Christopher Domínguez Michael es un crítico literario. Bastaría para confirmar este aserto que ha sido el único en presentarse como tal: no es crítico de ocasión, como aquellos poetas que fingen abandonar el verso para atender la obra de sus pares, ni como el novelista que reseña a solicitud del amigo o del editor. Es crítico literario pues escribe parasitariamente con orgullo. El crítico no crea, vive de la creación ajena tanto como el parásito de su huésped. Y Domínguez Michael se ha complacido con ello durante los últimos 40 años.

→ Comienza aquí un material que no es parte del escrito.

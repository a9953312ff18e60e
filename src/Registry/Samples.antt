-- ===== src/Registry/Samples.antt =====
-- A small registry of internal/registry, and the theorems at it.
use daedalus.Prelude.{
  sym, ap, IsSorted, Option, ◌≡◌, ◌↔◌, refl, none, some, List, [], ◌∷◌, ◌++◌, Str, codes, str_eq,
  member, add, ok,
}
use daedalus.Prelude.Int.{pos}
use daedalus.Registry.Types.{AgentEntry, RoutingRequest}
use daedalus.Registry.Static.{
  validate, validate_from, validate_entry, validate_skills, find_by_name, route_by_score, best_of,
  score, tag_score, declares, tagged, route,
}
use daedalus.Registry.Dynamic
use daedalus.Registry.Dynamic.{
  DynamicRegistry, Event, put, deleted, delivered, run_events, card_name, all, waits,
}
use daedalus.Registry.Dynamic.Lookup.{all-find_by_name}
use daedalus.Registry.Dynamic.Backoff.{waits-doubled}
use daedalus.Registry.Static.Best.{FirstBest, AtMost, route_by_score_iff, route_by_score-none}

pub program : Unit {0}
unfolding validate validate_from validate_entry validate_skills find_by_name route_by_score best_of
    score tag_score declares tagged route member add str_eq
program = tt

abbrev pub agent : Str → Str → AgentEntry
agent name tag = record {
  card = record {
    name = name;
    description = codes "worker";
    version = codes "1";
    skills = record { id = codes "code"; name = codes "Code"; tags = tag ∷ [] } ∷ [];
  };
  queue_subject = codes "agent." ++ name;
  runtime = codes "copilot";
  acp_port = pos 9000;
}

abbrev pub a : AgentEntry
a = agent (codes "a") (codes "go")

abbrev pub b : AgentEntry
b = agent (codes "b") (codes "rust")

abbrev pub agents : List AgentEntry
agents = a ∷ b ∷ []

abbrev pub request : RoutingRequest
request = record { skill_id = codes "code"; tags = codes "rust" ∷ []; preferred_runtime = [] }

-- A tag that the request repeats counts twice.
score_repeated :
    score b
      (record { skill_id = []; tags = codes "rust" ∷ codes "rust" ∷ []; preferred_runtime = [] })
    ≡ 10
unfolding program
score_repeated = refl

valid : validate agents ≡ ok tt
unfolding program
valid = refl

pub routed : route_by_score request agents ≡ some b
unfolding program
routed = refl

route_by_score_iff_example : (route_by_score request agents ≡ some b) ↔ FirstBest request agents b
route_by_score_iff_example = route_by_score_iff request agents b

route_by_score-none_example : (route_by_score request agents ≡ none) ↔ AtMost request 0 agents
route_by_score-none_example = route_by_score-none request agents

abbrev agent_named : Str → Option AgentEntry
agent_named name = some (agent name (codes "go"))

agent_named-own : (name : Str) (e : AgentEntry) → agent_named name ≡ some e → e.card.name ≡ name
agent_named-own name e h = ap (name_or name) (sym h)
  where
    name_or : Str → Option AgentEntry → Str
    name_or d = elim [ none ↦ d | some x ↦ x.card.name ]

abbrev events : List Event
events =
    put (codes "b") (codes "b") ∷ put (codes "c") (codes "c") ∷ deleted (codes "c") ∷ delivered ∷ []

abbrev dynamic : DynamicRegistry
dynamic = record { agents = []; fallback = some (a ∷ []) }

all-find_by_name_example :
    IsSorted card_name (all (run_events agent_named events dynamic))
    × ((name : Str)
        → find_by_name name (all (run_events agent_named events dynamic))
          ≡ Dynamic.find_by_name name (run_events agent_named events dynamic))
all-find_by_name_example =
    all-find_by_name agent_named events dynamic
      (agent_named-own (codes "b"), (agent_named-own (codes "c"), tt)) tt

waits-doubled_example :
    waits 1 (0 ∷ 0 ∷ 0 ∷ 0 ∷ 0 ∷ 0 ∷ 0 ∷ 90 ∷ 5 ∷ []) ≡ 1 ∷ 2 ∷ 4 ∷ 8 ∷ 16 ∷ 32 ∷ 32 ∷ 1 ∷ 2 ∷ []
waits-doubled_example = waits-doubled (0 ∷ 0 ∷ 0 ∷ 0 ∷ 0 ∷ 0 ∷ 0 ∷ 90 ∷ 5 ∷ [])
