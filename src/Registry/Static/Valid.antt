-- ===== src/Registry/Static/Valid.antt =====
-- validate of internal/registry/registry.go.
use daedalus.Prelude.{
  ℕ, ◌+◌, ◌≡◌, refl, ◌↔◌, Bool, true, false, not, ◌&&◌, List, [], ◌∷◌, arith, map, Str, is_empty,
  is_nil, member, add, member-add, Distinct, member_cons, member_nil, str_eq_comm, ok,
}
use daedalus.Prelude.Int.{pos, lt_ℤ}
use daedalus.A2a.{AgentSkill}
use daedalus.Registry.Types.{AgentEntry}
use daedalus.Registry.Static.{validate_skills, validate_entry, validate_from, validate}

abbrev pub skills_named : List AgentSkill → Bool
skills_named [] = true
skills_named (s ∷ ss) = not (is_empty s.id) && not (is_empty s.name) && skills_named ss

-- An entry with everything that `validate` requires of it alone.
abbrev pub filled : AgentEntry → Bool
filled e =
    not (is_empty e.card.name)
    && not (is_empty e.card.description)
    && not (is_empty e.card.version)
    && not (is_empty e.queue_subject)
    && not (is_empty e.runtime)
    && lt_ℤ (pos 0) e.acp_port
    && not (is_nil e.card.skills)
    && skills_named e.card.skills

abbrev pub all_filled : List AgentEntry → Bool
all_filled [] = true
all_filled (e ∷ es) = filled e && all_filled es

abbrev pub names : List AgentEntry → List Str
names = map (λ e. e.card.name)

abbrev pub subjects : List AgentEntry → List Str
subjects = map (λ e. e.queue_subject)

validate_skills_iff :
    (i j : ℕ) (ss : List AgentSkill) → (validate_skills i j ss ≡ ok tt) ↔ (skills_named ss ≡ true)
unfolding validate_skills
validate_skills_iff i j [] = (λ _. refl, λ _. refl)
validate_skills_iff i j (s ∷ ss) = ground (arith, validate_skills_iff i (j + 1) ss)

validate_entry_iff : (i : ℕ) (e : AgentEntry) → (validate_entry i e ≡ ok tt) ↔ (filled e ≡ true)
unfolding validate_entry
validate_entry_iff i e = ground (arith, validate_skills_iff i 0 e.card.skills)

-- No string of the list is among the seen ones.
abbrev Apart : List Str → List Str → Type 0
Apart seen [] = Unit
Apart seen (x ∷ xs) = (member x seen ≡ false) × Apart seen xs

Apart-add :
    (x : Str) (seen xs : List Str) → Apart (add x seen) xs ↔ (Apart seen xs × (member x xs ≡ false))
Apart-add x seen [] = ground (arith, member_nil x)
Apart-add x seen (y ∷ ys) =
    let (to, from) = Apart-add x seen ys in
    (
      λ h.
          let (old, new) = to h.1 in
          (
            (ground (arith, member-add x y seen), old),
            ground (arith, member-add x y seen, member_cons x y ys, str_eq_comm x y),
          ),
      λ both. (
        ground (arith, member-add x y seen, member_cons x y ys, str_eq_comm x y),
        from (both.0.1, ground (arith, member_cons x y ys)),
      ),
    )

validate_from_iff :
    (i : ℕ) (ns ss : List Str) (es : List AgentEntry)
    → (validate_from i ns ss es ≡ ok tt) ↔ (
        (all_filled es ≡ true)
        × (Distinct (names es) × Apart ns (names es))
        × (Distinct (subjects es) × Apart ss (subjects es)))
unfolding validate_from
validate_from_iff i ns ss [] = (λ _. (refl, (tt, tt), (tt, tt)), λ _. refl)
validate_from_iff i ns ss (e ∷ es) =
    let (to, from) = validate_from_iff (i + 1) (add e.card.name ns) (add e.queue_subject ss) es in
    let (entry_to, entry_from) = validate_entry_iff i e in
    let (name_to, name_from) = Apart-add e.card.name ns (names es) in
    let (subject_to, subject_from) = Apart-add e.queue_subject ss (subjects es) in
    (
      λ h.
          let (whole, (d, n), (d', s)) = to (rest_valid h) in
          let (n', fresh) = name_to n in
          let (s', fresh') = subject_to s in
          let (this, new_name, new_subject) = first_valid h in
          let good = entry_to this in
          (ground arith, ((fresh, d), (new_name, n')), ((fresh', d'), (new_subject, s'))),
      λ h.
          let (whole, ((fresh, d), (new_name, n)), ((fresh', d'), (new_subject, s))) = h in
          valid (entry_from (ground arith)) new_name new_subject
            (from (ground arith, (d, name_from (n, fresh)), (d', subject_from (s, fresh')))),
    )
  where
    first_valid :
        validate_from i ns ss (e ∷ es) ≡ ok tt
        → (validate_entry i e ≡ ok tt)
          × (member e.card.name ns ≡ false)
          × (member e.queue_subject ss ≡ false)
    first_valid h = ground arith

    rest_valid :
        validate_from i ns ss (e ∷ es) ≡ ok tt
        → validate_from (i + 1) (add e.card.name ns) (add e.queue_subject ss) es ≡ ok tt
    rest_valid h = ground arith

    valid :
        validate_entry i e ≡ ok tt
        → member e.card.name ns ≡ false
        → member e.queue_subject ss ≡ false
        → validate_from (i + 1) (add e.card.name ns) (add e.queue_subject ss) es ≡ ok tt
        → validate_from i ns ss (e ∷ es) ≡ ok tt
    valid a b c d = ground arith

-- `validate` accepts a list of agents exactly if each has all that is required, and neither a name
-- nor a queue subject stands twice.
pub validate_iff_filled :
    (entries : List AgentEntry)
    → (validate entries ≡ ok tt)
      ↔ ((all_filled entries ≡ true) × Distinct (names entries) × Distinct (subjects entries))
unfolding validate
validate_iff_filled entries =
    let (to, from) = validate_from_iff 0 [] [] entries in
    (
      λ h. let (whole, (d, _), (d', _)) = to h in (whole, d, d'),
      λ h.
          let (whole, d, d') = h in
          from (whole, (d, Apart_nil (names entries)), (d', Apart_nil (subjects entries))),
    )
  where
    Apart_nil : (xs : List Str) → Apart [] xs
    Apart_nil [] = tt
    Apart_nil (x ∷ xs) = (member_nil x, Apart_nil xs)
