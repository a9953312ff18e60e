-- ===== src/Scheduler.antt =====
-- internal/scheduler
pub mod Dag
pub mod Types
pub mod Run
mod Samples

Su condición servil, que la mayoría de los litterati consideraría vergonzosa, en el crítico literario es motivo de vanidad. Esta inferioridad ha impuesto al crítico formular una preceptiva que explique la naturaleza de su oficio y la constitución y defensa de su gusto. Este ejercicio —tan común en países como Francia e Inglaterra desde hace cuando menos dos siglos— ha demorado en México hasta Domínguez Michael. Su “Elogio y vituperio del arte de la crítica” y su discurso de ingreso al Colegio Nacional constituyen, valiéndome de sus propios términos, una deontología de la crítica que satisface a los urgidos de definiciones con una tan mínima como la siguiente:  el crítico es aquel que “ejerce el juicio sobre las obras del resto de los escritores utilizando su mismo lenguaje”, al tiempo que “atiende, con el ensayo, la novedad y renueva la tradición”. 

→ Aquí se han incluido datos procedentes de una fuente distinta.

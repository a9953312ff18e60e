-- ===== src/Scheduler/Dag.antt =====
-- internal/scheduler/dag.go: the dependency graph, its operations as functions on a record.
-- An edge map lists the successors of each node; the in-degrees are Go's `int`, which may pass
-- below 0. Loops run on fuel; that it is enough is proved in the children.
pub mod Reach
pub mod Acyclic
pub mod Degrees
pub mod WellFormed
pub mod Progress
pub mod Validate
mod Samples
use daedalus.Prelude.{
  ℕ, zero, suc, ◌+◌, ◌≡◌, Bool, true, false, not, ◌&&◌, Option, none, some, List, [], ◌∷◌, ◌++◌,
  if◌then◌else◌, length, keep, Str, str_eq, Map, lookup, insert, member, add, sort_strings, Result,
  ok, err, ◌>>=◌, ◌>>◌, fail_if, sort_by,
}
use daedalus.Prelude.Int.{ℤ, pos, sub_ℕ, inc, dec, is_zero}

pub record Dag : Type 0 where
  pub nodes : List Str
  pub edges : Map (List Str)
  pub in_degree : Map ℤ
  pub completed : List Str

-- The errors of AddEdge and Validate, with the node that their text names.
pub data DagError : Type 0 where
  self_loop : Str → DagError
  node_not_found : Str → DagError
  would_create_cycle : Str → Str → DagError
  graph_is_empty : DagError
  cycle_detected : Str → DagError

-- NewDAG
abbrev pub new_dag : Dag
new_dag = record { nodes = []; edges = []; in_degree = []; completed = [] }

-- `d.edges[id]`: nil on a missing key.
abbrev pub succs_of : Map (List Str) → Str → List Str
succs_of m id = elim (lookup id m) [ none ↦ [] | some ss ↦ ss ]

-- `d.inDegree[id]`: 0 on a missing key.
abbrev pub degree_of : Map ℤ → Str → ℤ
degree_of m id = elim (lookup id m) [ none ↦ pos 0 | some n ↦ n ]

-- AddNode
unfoldable pub add_node : Str → Dag → Dag
unfolding add
add_node id d = if member id d.nodes then d else record d {
  nodes = add id d.nodes;
  in_degree = elim (lookup id d.in_degree) [
    | none ↦ insert id (pos 0) d.in_degree
    | some _ ↦ d.in_degree
  ];
}

-- The inner loop of `reachable`: `none` if the target is a successor, else the longer stack.
unfoldable pub scan : Str → List Str → List Str → Option (List Str)
scan target stack [] = some stack
scan target stack (next ∷ ns) = if str_eq next target then none else scan target (next ∷ stack) ns

-- The outer loop; the head of `stack` is the end of the Go slice. `none`: the fuel ran out.
unfoldable pub reach_loop : ℕ → Map (List Str) → Str → List Str → List Str → Option Bool
unfolding scan
reach_loop zero edges target visited stack = none
reach_loop (suc f) edges target visited [] = some false
reach_loop (suc f) edges target visited (curr ∷ stack) =
    let again = reach_loop f edges target visited stack in
    let fresh : Option Bool = elim (scan target stack (succs_of edges curr)) [
      | none ↦ some true
      | some longer ↦ reach_loop f edges target (curr ∷ visited) longer
    ] in
    if member curr visited then again else fresh

-- How many edges there are.
unfoldable pub edge_count : Map (List Str) → ℕ
edge_count [] = 0
edge_count ((k, ss) ∷ m) = length ss + edge_count m

abbrev pub is_found : Option Bool → Bool
is_found (some b) = b
is_found none = false

-- reachable
unfoldable pub reachable : Map (List Str) → Str → Str → Bool
unfolding reach_loop edge_count
reachable edges start target =
    if str_eq start target
    then true
    else is_found (reach_loop (suc (suc (edge_count edges))) edges target [] (start ∷ []))

-- The writes of AddEdge, behind its guards.
abbrev pub linked : Str → Str → Dag → Dag
linked from to d = record d {
  edges = insert from (succs_of d.edges from ++ to ∷ []) d.edges;
  in_degree = insert to (inc (degree_of d.in_degree to)) d.in_degree;
}

-- AddEdge
unfoldable pub add_edge : Str → Str → Dag → Result DagError Dag
unfolding reachable
add_edge from to d = do
  fail_if (str_eq from to) (self_loop from)
  fail_if (not (member from d.nodes)) (node_not_found from)
  fail_if (not (member to d.nodes)) (node_not_found to)
  fail_if (reachable d.edges to from) (would_create_cycle from to)
  ok (linked from to d)

abbrev pub is_ready : Dag → Str → Bool
is_ready d id = not (member id d.completed) && is_zero (degree_of d.in_degree id)

-- Ready
unfoldable pub ready : Dag → List Str
unfolding sort_by
ready d = sort_strings (keep (is_ready d) d.nodes)

-- The loop of Complete over the successors: the new in-degrees and the newly ready nodes.
unfoldable pub release : List Str → List Str → Map ℤ → Map ℤ × List Str
release done [] degrees = (degrees, [])
release done (s ∷ ss) degrees =
    let fewer = insert s (dec (degree_of degrees s)) degrees in
    let (final, newly) = release done ss fewer in
    (final, if is_zero (degree_of fewer s) && not (member s done) then s ∷ newly else newly)

-- Complete
unfoldable pub complete : Str → Dag → Dag × List Str
unfolding release add
complete id d =
    let done = add id d.completed in
    let (degrees, newly) = release done (succs_of d.edges id) d.in_degree in
    if member id d.completed
    then (d, [])
    else (record d { in_degree = degrees; completed = done }, newly)

-- Size, Remaining and Dependents
abbrev pub size : Dag → ℕ
size d = length d.nodes

abbrev pub remaining : Dag → ℤ
remaining d = sub_ℕ (length d.nodes) (length d.completed)

abbrev pub dependents : Dag → Str → List Str
dependents d id = succs_of d.edges id

pub data Color : Type 0 where
  white gray black : Color

abbrev pub color_of : Map Color → Str → Color
color_of m id = elim (lookup id m) [ none ↦ white | some c ↦ c ]

-- How a depth-first search ends.
pub data Dfs : Type 0 where
  explored : Map Color → Dfs
  cycle_at : Str → Dfs
  out_of_fuel : Dfs

-- The loop of `dfs` over the successors; `search` is the recursive call.
unfoldable pub dfs_succs : (Map Color → Str → Dfs) → Map Color → List Str → Dfs
dfs_succs descend color [] = explored color
dfs_succs descend color (s ∷ ss) = elim (color_of color s) [
  | gray ↦ cycle_at s
  | black ↦ dfs_succs descend color ss
  | white ↦ elim (descend color s) [ explored color' ↦ dfs_succs descend color' ss | other ↦ other ]
]

unfoldable pub dfs : ℕ → Map (List Str) → Map Color → Str → Dfs
unfolding dfs_succs
dfs zero edges color id = out_of_fuel
dfs (suc f) edges color id =
    elim (dfs_succs (dfs f edges) (insert id gray color) (succs_of edges id)) [
      | explored color' ↦ explored (insert id black color')
      | other ↦ other
    ]

-- The outer loop of Validate over the nodes: start a search at each white one.
unfoldable pub dfs_all : ℕ → Map (List Str) → Map Color → List Str → Dfs
unfolding dfs
dfs_all fuel edges color [] = explored color
dfs_all fuel edges color (id ∷ ids) = elim (color_of color id) [
  | white ↦ elim (dfs fuel edges color id) [
    | explored color' ↦ dfs_all fuel edges color' ids
    | other ↦ other
  ]
  | _ ↦ dfs_all fuel edges color ids
]

abbrev pub dfs_verdict : Dfs → Option (Result DagError (Unit {0}))
dfs_verdict (explored _) = some (ok tt)
dfs_verdict (cycle_at s) = some (err (cycle_detected s))
dfs_verdict out_of_fuel = none

-- Validate
unfoldable pub validate : Dag → Option (Result DagError (Unit {0}))
unfolding dfs_all
validate d = elim d.nodes [
  | [] ↦ some (err graph_is_empty)
  | n ∷ ns ↦ dfs_verdict (dfs_all (suc (length d.nodes)) d.edges [] d.nodes)
]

Matthew Arnold entendía la poesía como crítica de la vida; resonando en aquello, Domínguez Michael ha buscado extender la suya, su crítica literaria, también a la vida. Así de hondo es su afán. Ya el crítico, en un artículo de juventud, ocupándose de la situación moral del joven escritor mexicano, parece notar sobre la propia naturaleza de su profesión: la crítica ha de englobar “situaciones éticas, electivas y estéticas”, haciendo de la literatura, como lo deseó el militar, la continuación de la política por otros medios. Así, la crítica literaria se revela más que literatura; y, para prescindir de malentendidos, no me privo de una precisión: la crítica persiste como crítica —y se resiste a devenir política— al posar su mirada en la interpretación del mundo, no en su transformación. 

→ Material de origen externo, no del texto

-- ===== src/Scheduler/Dag/Reach.antt =====
-- The search of `reachable` in internal/scheduler/dag.go against walks along edges.
use daedalus.Prelude.{
  ℕ, zero, suc, ◌+◌, ◌≤◌, ◌<◌, ◌≡◌, refl, sym, ◌≢◌, ◌↔◌, inl, inr, Bool, true, false, ◌||◌, Option,
  none, some, List, [], ◌∷◌, arith, if◌then◌else◌, length, Str, str_eq, Map, lookup, member,
  Bool-cases, Option-cases, str_eq_iff, str_eq_refl, str_eq_comm, subst,
}
use mathlib.Core.Bool.{false≢true}
use daedalus.Scheduler.Dag.{succs_of, scan, reach_loop, edge_count, is_found, reachable}

abbrev pub Edge : Map (List Str) → Str → Str → Type 0
Edge m a b = member b (succs_of m a) ≡ true

-- There is a chain of edges from `a` to the index.
pub data Walk (m : Map (List Str)) (a : Str) : Str → Type 0 where
  stop : Walk m a a
  step : {b c : Str} → Walk m a b → Edge m b c → Walk m a c

pub Walk-trans : {m : Map (List Str)} {a b c : Str} → Walk m a b → Walk m b c → Walk m a c
Walk-trans w stop = w
Walk-trans w (step v e) = step (Walk-trans w v) e

-- The edges that lead out of nodes not yet visited.
unvisited_edges : List Str → Map (List Str) → ℕ
unvisited_edges visited [] = 0
unvisited_edges visited ((k, ss) ∷ m) =
    let rest = unvisited_edges visited m in if member k visited then rest else length ss + rest

unvisited_edges_mono :
    (v : Str) (visited : List Str) (m : Map (List Str))
    → unvisited_edges (v ∷ visited) m ≤ unvisited_edges visited m
unfolding unvisited_edges member
unvisited_edges_mono v visited [] = omega arith
unvisited_edges_mono v visited ((k, ss) ∷ m) = ground (arith, unvisited_edges_mono v visited m)

unvisited_edges-cons :
    (v : Str) (visited : List Str) (m : Map (List Str))
    → member v visited ≡ false
    → unvisited_edges (v ∷ visited) m + length (succs_of m v) ≤ unvisited_edges visited m
unfolding unvisited_edges member lookup
unvisited_edges-cons v visited [] h = omega arith
unvisited_edges-cons v visited ((k, ss) ∷ m) h =
    ground
      (arith, str_eq_iff k v, unvisited_edges_mono v visited m, unvisited_edges-cons v visited m)

unvisited_edges_start : (m : Map (List Str)) → unvisited_edges [] m ≡ edge_count m
unfolding unvisited_edges edge_count member
unvisited_edges_start [] = refl
unvisited_edges_start ((k, ss) ∷ m) = omega (arith, unvisited_edges_start m)

length-scan :
    (target : Str) (stack ns longer : List Str)
    → scan target stack ns ≡ some longer
    → length longer ≡ length stack + length ns
unfolding scan
length-scan target stack [] longer h = ground arith
length-scan target stack (n ∷ ns) longer h =
    ground (arith, length-scan target (n ∷ stack) ns longer)

-- Each round takes at least one from the stack and the unvisited edges together.
reach_loop_total :
    (f : ℕ) (m : Map (List Str)) (target : Str) (visited stack : List Str)
    → length stack + unvisited_edges visited m < f
    → reach_loop f m target visited stack ≢ none
unfolding reach_loop
reach_loop_total zero m target visited stack h = absurd (omega arith)
reach_loop_total (suc f) m target visited [] h = λ e. cc
reach_loop_total (suc f) m target visited (curr ∷ stack) h =
    elim (Bool-cases (member curr visited)) [
      | inl seen ↦ rw seen (reach_loop_total f m target visited stack (omega arith))
      | inr new ↦ elim (Option-cases (scan target stack (succs_of m curr))) [
        | inl hit ↦ rw (new, hit) (λ e. cc)
        | inr (longer, more) ↦
            rw (new, more)
              (reach_loop_total f m target (curr ∷ visited) longer (
                omega (
                  arith,
                  length-scan target stack (succs_of m curr) longer more,
                  unvisited_edges-cons curr visited m new,
                )))
      ]
    ]

scan_hit :
    (target : Str) (stack ns : List Str) → scan target stack ns ≡ none → member target ns ≡ true
unfolding scan member
scan_hit target stack [] h = cc
scan_hit target stack (n ∷ ns) h =
    ground (arith, str_eq_iff n target, str_eq_iff target n, scan_hit target (n ∷ stack) ns)

scan_miss :
    (target : Str) (stack ns longer : List Str) (x : Str)
    → scan target stack ns ≡ some longer
    → (member target ns ≡ false) × (member x longer ≡ (member x ns || member x stack))
unfolding scan member
scan_miss target stack [] longer x h = ground arith
scan_miss target stack (n ∷ ns) longer x h =
    ground
      (arith, str_eq_iff n target, str_eq_iff target n, scan_miss target (n ∷ stack) ns longer x)

module _ (m : Map (List Str)) (start target : Str) where
  reach_loop_sound :
      (f : ℕ) (visited stack : List Str)
      → ((x : Str) → member x stack ≡ true → Walk m start x)
      → reach_loop f m target visited stack ≡ some true
      → Walk m start target
  unfolding reach_loop member
  reach_loop_sound zero visited stack from h = absurd (cc)
  reach_loop_sound (suc f) visited [] from h = absurd (cc)
  reach_loop_sound (suc f) visited (curr ∷ stack) from h = elim (Bool-cases (member curr visited)) [
    | inl seen ↦ reach_loop_sound f visited stack (λ x p. from x (ground arith)) (rw seen at h)
    | inr new ↦ elim (Option-cases (scan target stack (succs_of m curr))) [
      | inl hit ↦
          step (from curr (ground (arith, str_eq_refl curr)))
            (scan_hit target stack (succs_of m curr) hit)
      | inr (longer, more) ↦
          reach_loop_sound f (curr ∷ visited) longer
            (λ x p. elim (Bool-cases (member x (succs_of m curr))) [
              | inl next ↦ step (from curr (ground (arith, str_eq_refl curr))) next
              | inr old ↦
                  from x (ground (arith, scan_miss target stack (succs_of m curr) longer x more))
            ])
            (rw (new, more) at h)
    ]
  ]

  -- What holds while the target has not been met.
  record Inv (visited stack : List Str) : Type 0 where
    started : (member start visited || member start stack) ≡ true
    closed :
        (v c : Str)
        → member v visited ≡ true
        → Edge m v c
        → (member c visited || member c stack) ≡ true
    unmet : (member target visited || member target stack) ≡ false

  Inv-visited :
      (visited : List Str) → Inv visited [] → (v : Str) → Walk m start v → member v visited ≡ true
  unfolding member
  Inv-visited visited i v stop = ground (arith, i.started)
  Inv-visited visited i v (step {b = b} w e) =
      ground (arith, i.closed b v (Inv-visited visited i b w) e)

  Inv-skip :
      (visited stack : List Str) (curr : Str)
      → member curr visited ≡ true
      → Inv visited (curr ∷ stack)
      → Inv visited stack
  unfolding member
  Inv-skip visited stack curr seen i = record {
    started = ground (arith, i.started, str_eq_iff start curr);
    closed = λ v c p e. ground (arith, i.closed v c p e, str_eq_iff c curr);
    unmet = ground (arith, i.unmet);
  }

  Inv-visit :
      (visited stack longer : List Str) (curr : Str)
      → scan target stack (succs_of m curr) ≡ some longer
      → Inv visited (curr ∷ stack)
      → Inv (curr ∷ visited) longer
  unfolding member
  Inv-visit visited stack longer curr more i = record {
    started = ground (arith, i.started, scan_miss target stack (succs_of m curr) longer start more);
    closed = λ v c p e. elim (Bool-cases (str_eq v curr)) [
      | inl same ↦
          let e' : Edge m curr c = subst (λ u. Edge m u c) ((str_eq_iff v curr).0 same) e in
          ground (arith, scan_miss target stack (succs_of m curr) longer c more)
      | inr other ↦ ground (
        arith,
        i.closed v c (ground arith) e,
        scan_miss target stack (succs_of m curr) longer c more,
      )
    ];
    unmet = ground (arith, i.unmet, scan_miss target stack (succs_of m curr) longer target more);
  }

  reach_loop_complete :
      (f : ℕ) (visited stack : List Str)
      → Inv visited stack
      → reach_loop f m target visited stack ≡ some false
      → ¬ Walk m start target
  unfolding reach_loop
  reach_loop_complete zero visited stack i h = absurd (cc)
  reach_loop_complete (suc f) visited [] i h =
      λ w. ground (arith, i.unmet, Inv-visited visited i target w)
  reach_loop_complete (suc f) visited (curr ∷ stack) i h = elim (Bool-cases (member curr visited)) [
    | inl seen ↦
        reach_loop_complete f visited stack (Inv-skip visited stack curr seen i) (rw seen at h)
    | inr new ↦ elim (Option-cases (scan target stack (succs_of m curr))) [
      | inl hit ↦ let h' : some true ≡ some false = rw (new, hit) at h in absurd (cc)
      | inr (longer, more) ↦
          reach_loop_complete f (curr ∷ visited) longer (Inv-visit visited stack longer curr more i)
            (rw (new, more) at h)
    ]
  ]

  Inv-start : str_eq start target ≡ false → Inv [] (start ∷ [])
  unfolding member
  Inv-start other = record {
    started = ground (arith, str_eq_refl start);
    closed = λ v c p e. absurd (cc);
    unmet = ground (arith, str_eq_comm start target);
  }

  abbrev outcome : Option Bool
  outcome = reach_loop (suc (suc (edge_count m))) m target [] (start ∷ [])

  search_total : outcome ≢ none
  search_total =
      reach_loop_total (suc (suc (edge_count m))) m target [] (start ∷ [])
        (omega (arith, unvisited_edges_start m))

  search_sound : outcome ≡ some true → Walk m start target
  unfolding member
  search_sound =
      reach_loop_sound (suc (suc (edge_count m))) [] (start ∷ [])
        λ x p. subst (Walk m start) (sym ((str_eq_iff x start).0 (ground arith))) stop

-- The loop of `reachable` finds the target exactly when a chain of edges leads to it from the
-- start, on any edge map, cycles included; the fuel given is never used up.
pub reachable_iff :
    (m : Map (List Str)) (start target : Str)
    → (reachable m start target ≡ true) ↔ Walk m start target
unfolding reachable
reachable_iff m start target = elim (Bool-cases (str_eq start target)) [
  | inl same ↦
      let e : start ≡ target = (str_eq_iff start target).0 same in
      (λ _. subst (Walk m start) e stop, λ _. rw same refl)
  | inr other ↦ rw other (by_verdict other (outcome m start target) refl)
]
  where
    by_verdict :
        str_eq start target ≡ false
        → (v : Option Bool) → outcome m start target ≡ v
        → (is_found v ≡ true) ↔ Walk m start target
    by_verdict other none e = absurd (search_total m start target e)
    by_verdict other (some true) e = (λ _. search_sound m start target e, λ _. refl)
    by_verdict other (some false) e = (
      λ h. absurd (false≢true h),
      λ w. absurd (
          reach_loop_complete m start target (suc (suc (edge_count m))) [] (start ∷ [])
            (Inv-start m start target other) e w),
    )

Es heredera de la Ilustración, y por eso Domínguez Michael reclama para sí la crítica como consustancial al estado de civilización. Pero, como Jano, esta cualidad ofrece dos rostros: el primero, que entiende a la crítica como partera del progreso aunque no siempre lo garantice; el segundo, en tanto, la prefiere como guardiana de la tradición. Estas dos pulsiones se disputan atronadoramente el alma del crítico (como Dios y el Maligno las de los hombres), y lo terminan por ungir de su condición ya no sólo parasitaria, sino que brindan un elemento más al hermafroditismo que imputó Nietzsche a Sainte-Beuve. El crítico es el conservador que revoluciona y el revolucionario que conserva.

Desde el primer texto firmado por Domínguez Michael y Maiakovski punk y otras figuras del siglo XXI, la última recopilación de sus ensayos, han transitado 40 años. En ese tiempo, el mundo posmoderno ha acabado con muchas cosas; no con los números redondos, que marcan todavía un comienzo y un final en las vidas de los hombres. El milenio ha significado para nuestro crítico el parcial abandono de las letras nacionales. Ese magnífico tríptico—que componen Tiros en el concierto. Literatura mexicana del siglo V, su Diccionario crítico de la literatura mexicana y los prólogos a los dos tomos de su Antología de la narrativa mexicana del siglo XX)— ha alumbrado otra trilogía, urbi et orbi, consubstancial de todo crítico profesional que se precie de serlo.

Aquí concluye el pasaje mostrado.